A przemierzają ją nawet kilka razy dziennie: jadą do pracy, odwożą dzieci do przedszkola, szkoły, jeżdżą po zakupy. Dziura na dziurze — tak wygląda Jeziorna. I gdy w czasie mrozów jeszcze jakoś powoli da się ją pokonać, to w czasie odwilży, czy po opadach deszczu jest to nie lada wyzwanie. Mieszka tu łącznie prawie 30 rodzin.


Mieszkańcy budynku Jeziorna 5b, a także ich sąsiedzi czują się ignorowani przez władze miasta. Petycja z prośbą o zajęcie się sprawą co roku trafia w ręce urzędników, a nie dzieje się nic.
— O asfalcie nawet nie śnimy — mówi pani Kornelia Skiba, jedna z mieszkanek budynku 5b. — Ale żeby nam ją porządnie utwardzili, żeby ten dobry stan utrzymał się przez dłuższy czas.

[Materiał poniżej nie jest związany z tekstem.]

-- ===== src/Net/Socket/Segmentation.antt =====
-- What is read does not depend on how the network cut the bytes into segments.
use s2_decentralised_storage.Prelude.{
  ℕ, zero, suc, ◌-◌, ◌≤◌, ◌<◌, ◌≡◌, refl, ap, sym, ◌∙◌, true, false, Option, none, some, [], ◌∷◌,
  ◌++◌, append_assoc, append-nil, Bytes, length, take, drop, ltb, ◌==◌, if◌then◌else◌, arith,
  length-append, length-drop, take-append-drop, Bool-cases, inl, inr,
}
use s2_decentralised_storage.Net.Socket.{
  Segments, flatten, keep, recv, recv_line_loop, recv_line, recv_all_loop, recv_all_text,
  recv_payload, IsSteady, keep-IsSteady, flatten-keep,
}

-- The line as it stands in the bytes, and the bytes behind it.
unfoldable pub line_of : Bytes → Bytes → Option (Bytes × Bytes)
line_of line [] = none
line_of line (ch ∷ s) = elim (ch == 10) [
  | true ↦ some (line, s)
  | false ↦
      let next = if ch == 13 then line else line ++ ch ∷ [] in
      elim (ltb 8192 (length next)) [ true ↦ none | false ↦ line_of next s ]
]

-- The same line was read, and the same bytes are left.
abbrev pub SameRead : Option (Bytes × Segments) → Option (Bytes × Bytes) → Type 0
SameRead none none = Unit {0}
SameRead (some (line, segs)) (some (line', s)) = (line ≡ line') × (flatten segs ≡ s) × IsSteady segs
SameRead _ _ = ⊥

recv_line_loop_lem :
    (f : ℕ) (line : Bytes) (segs : Segments)
    → IsSteady segs
    → length (flatten segs) < f
    → SameRead (recv_line_loop f line segs) (line_of line (flatten segs))
unfolding recv_line_loop line_of recv flatten
recv_line_loop_lem zero line segs st h = absurd (omega arith)
recv_line_loop_lem (suc f) line [] st h = tt
recv_line_loop_lem (suc f) line ([] ∷ segs) (ne, st) h = absurd (ne refl)
recv_line_loop_lem (suc f) line ((ch ∷ s) ∷ segs) (ne, st) h =
    let next = if ch == 13 then line else line ++ ch ∷ [] in
    let fuel : length (flatten (keep s segs)) < f = rw (flatten-keep s segs) (omega arith) in
    let ih : SameRead (recv_line_loop f next (keep s segs)) (line_of next (s ++ flatten segs)) =
      rw (← flatten-keep s segs)
        (recv_line_loop_lem f next (keep s segs) (keep-IsSteady s segs st) fuel) in
    elim (Bool-cases (ch == 10)) [
      | inl e ↦
          rw (e, recv_line_loop, line_of, recv) (refl, flatten-keep s segs, keep-IsSteady s segs st)
      | inr e ↦ elim (Bool-cases (ltb 8192 (length next))) [
        | inl l ↦ rw (e, recv_line_loop, line_of, recv, l) tt
        | inr l ↦ rw (e, recv_line_loop, line_of, recv, l) ih
      ]
    ]

-- On a connection without empty segments `recv_line` reads the line that stands in the bytes, however
-- they come: to the first line end, without carriage returns, and not at all if it is longer than
-- 8192 or the connection ends first. The bytes behind the line are left, without empty segments.
pub recv_line_lem :
    (segs : Segments) → IsSteady segs → SameRead (recv_line segs) (line_of [] (flatten segs))
unfolding recv_line
recv_line_lem segs st = recv_line_loop_lem (suc (length (flatten segs))) [] segs st (omega arith)

-- What the loop has, and what still comes.
recv_all_loop_lem :
    (f : ℕ) (out : Bytes) (segs : Segments)
    → IsSteady segs
    → length (flatten segs) < f
    → recv_all_loop f out segs ≡ out ++ flatten segs
unfolding recv_all_loop recv flatten
recv_all_loop_lem zero out segs st h = absurd (omega arith)
recv_all_loop_lem (suc f) out [] st h = sym (append-nil out)
recv_all_loop_lem (suc f) out ([] ∷ segs) (ne, st) h = absurd (ne refl)
recv_all_loop_lem (suc f) out ((c ∷ s) ∷ segs) (ne, st) h =
    let got = take 4095 s in
    let left = drop 4095 s in
    let whole : got ++ left ≡ s = take-append-drop 4095 s in
    let fuel : length (flatten (keep left segs)) < f = rw (flatten-keep left segs) (
      omega (
        arith,
        length-drop 4095 s,
        length-append left (flatten segs),
        length-append s (flatten segs),
      )) in
    recv_all_loop_lem f (out ++ c ∷ got) (keep left segs) (keep-IsSteady left segs st) fuel
    ∙ ap (◌++◌ (out ++ c ∷ got)) (flatten-keep left segs)
    ∙ append_assoc out (c ∷ got) (left ++ flatten segs)
    ∙ ap (λ t. out ++ c ∷ t)
        (sym (append_assoc got left (flatten segs)) ∙ ap (λ t. t ++ flatten segs) whole)

-- `recv_all_text` returns all the bytes of a connection without empty segments, however they come.
pub recv_all_text_lem : (segs : Segments) → IsSteady segs → recv_all_text segs ≡ flatten segs
unfolding recv_all_text
recv_all_text_lem segs st = recv_all_loop_lem (suc (length (flatten segs))) [] segs st (omega arith)

take-split :
    (n r : ℕ) (s t : Bytes)
    → n ≤ r
    → take n s ++ take (r - length (take n s)) (drop n s ++ t) ≡ take r (s ++ t)
take-split zero r s t h = ap (λ k. take k (s ++ t)) (omega arith)
take-split (suc n) zero s t h = absurd (omega arith)
take-split (suc n) (suc r) [] t h = let e : suc r - 0 ≡ suc r = omega arith in ap (λ k. take k t) e
take-split (suc n) (suc r) (c ∷ s) t h =
    let e : suc r - suc (length (take n s)) ≡ r - length (take n s) = omega arith in
    ap (λ k. c ∷ (take n s ++ take k (drop n s ++ t))) e
    ∙ ap (◌∷◌ c) (take-split n r s t (omega arith))

-- A round asks for a byte at least, and never for more than remain.
abbrev pub IsAsk : (ℕ → ℕ) → Type 0
IsAsk ask = (r : ℕ) → (0 < ask (suc r)) × (ask (suc r) ≤ suc r)

-- A round of the payload loop that gets something.
payload_step :
    (ask : ℕ → ℕ) (f r c : ℕ) (got : Bytes) (segs rest : Segments)
    → recv (ask (suc r)) segs ≡ (c ∷ got, rest)
    → recv_payload ask (suc f) (suc r) segs ≡ (c ∷ got) ++ recv_payload ask f (r - length got) rest
unfolding recv_payload
payload_step ask f r c got segs rest e =
    ap
      (λ x. elim x.0 as (λ _. Bytes) [
        | [] ↦ []
        | d ∷ more ↦ (d ∷ more) ++ recv_payload ask f (r - length more) x.1
      ])
      e

-- The first bytes of a segment, and what is left of it.
recv-suc :
    (n k c : ℕ) (s : Bytes) (segs : Segments)
    → n ≡ suc k
    → recv n ((c ∷ s) ∷ segs) ≡ (c ∷ take k s, keep (drop k s) segs)
unfolding recv
recv-suc n k c s segs e = ap (λ m. recv m ((c ∷ s) ∷ segs)) e

-- On a connection without empty segments a payload loop whose rounds ask for a byte at least and for
-- no more than remain, with as much fuel as remains, returns the next bytes: as many as remain, or
-- all there are.
pub recv_payload_lem :
    (ask : ℕ → ℕ) (f remaining : ℕ) (segs : Segments)
    → IsAsk ask
    → IsSteady segs
    → remaining ≤ f
    → recv_payload ask f remaining segs ≡ take remaining (flatten segs)
unfolding recv_payload recv flatten
recv_payload_lem ask zero zero segs a st h = refl
recv_payload_lem ask zero (suc r) segs a st h = absurd (omega arith)
recv_payload_lem ask (suc f) zero segs a st h = refl
recv_payload_lem ask (suc f) (suc r) [] a st h = refl
recv_payload_lem ask (suc f) (suc r) ([] ∷ segs) a (ne, st) h = absurd (ne refl)
recv_payload_lem ask (suc f) (suc r) ((c ∷ s) ∷ segs) a (ne, st) h =
    let k = ask (suc r) - 1 in
    let left = drop k s in
    payload_step ask f r c (take k s) ((c ∷ s) ∷ segs) (keep left segs)
      (recv-suc (ask (suc r)) k c s segs (omega (arith, (a r).0)))
    ∙ ap (◌++◌ (c ∷ take k s)) (
        recv_payload_lem ask f (r - length (take k s)) (keep left segs) a
          (keep-IsSteady left segs st) (omega arith)
        ∙ ap (take (r - length (take k s))) (flatten-keep left segs))
    ∙ ap (◌∷◌ c) (take-split k r s (flatten segs) (omega (arith, (a r).1)))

Owszem, prace — jak mówią nasi rozmówcy —wykonywane są co roku.
— Ale co to za robota, jak jeździć da się tydzień, a później znów to samo — mówi pani Krystyna. — Lata temu był tu bruk, to jeszcze nie było tragedii — przypomina sobie kobieta. — Ale rozkopali wszystko, gdy wymieniali kanalizację i od tego czasu jest jak jest.

To, że Jeziorna nie jest odosobnionym przypadkiem, wcale problemu nie umniejsza.
— Szkoda samochodów, ciągle coś do wymiany, co raz któryś stoi u mechanika — denerwuje się pani Kornelia. — A jakby tego było mało, taksówkarze nie chcą już do nas przyjeżdżać, bo niejeden na tych dziurach samochód uszkodził. Dostawcy opału też kręcą nosem, gdy mają jechać na Jeziorną.


Pani Kornelia codziennie rano idzie z dzieckiem z domu do dworca. Czasem grzęźnie w błocie, ale przecież malucha do przedszkola odprowadzić trzeba, czy sucho pod nogami, czy nie. Iść trzeba czasem również, gdy jest ciemno, a nie cała trasa z Jeziornej do miasta jest oświetlona.

— Na podwórzu też słup jest, lampa jest, a światła nie ma, jakby to był nie wiadomo jaki problem doprowadzić — żali się pani Krystyna. — Długo by wyliczać co trzeba zrobić i co obiecali. Przecież ścieżka rowerowa miała tu być, zrobił się szum wokół sprawy, a potem wszystko ucichło. Plażę prowizorycznie zrobili, a dojazd do niej... Śmiechu warte.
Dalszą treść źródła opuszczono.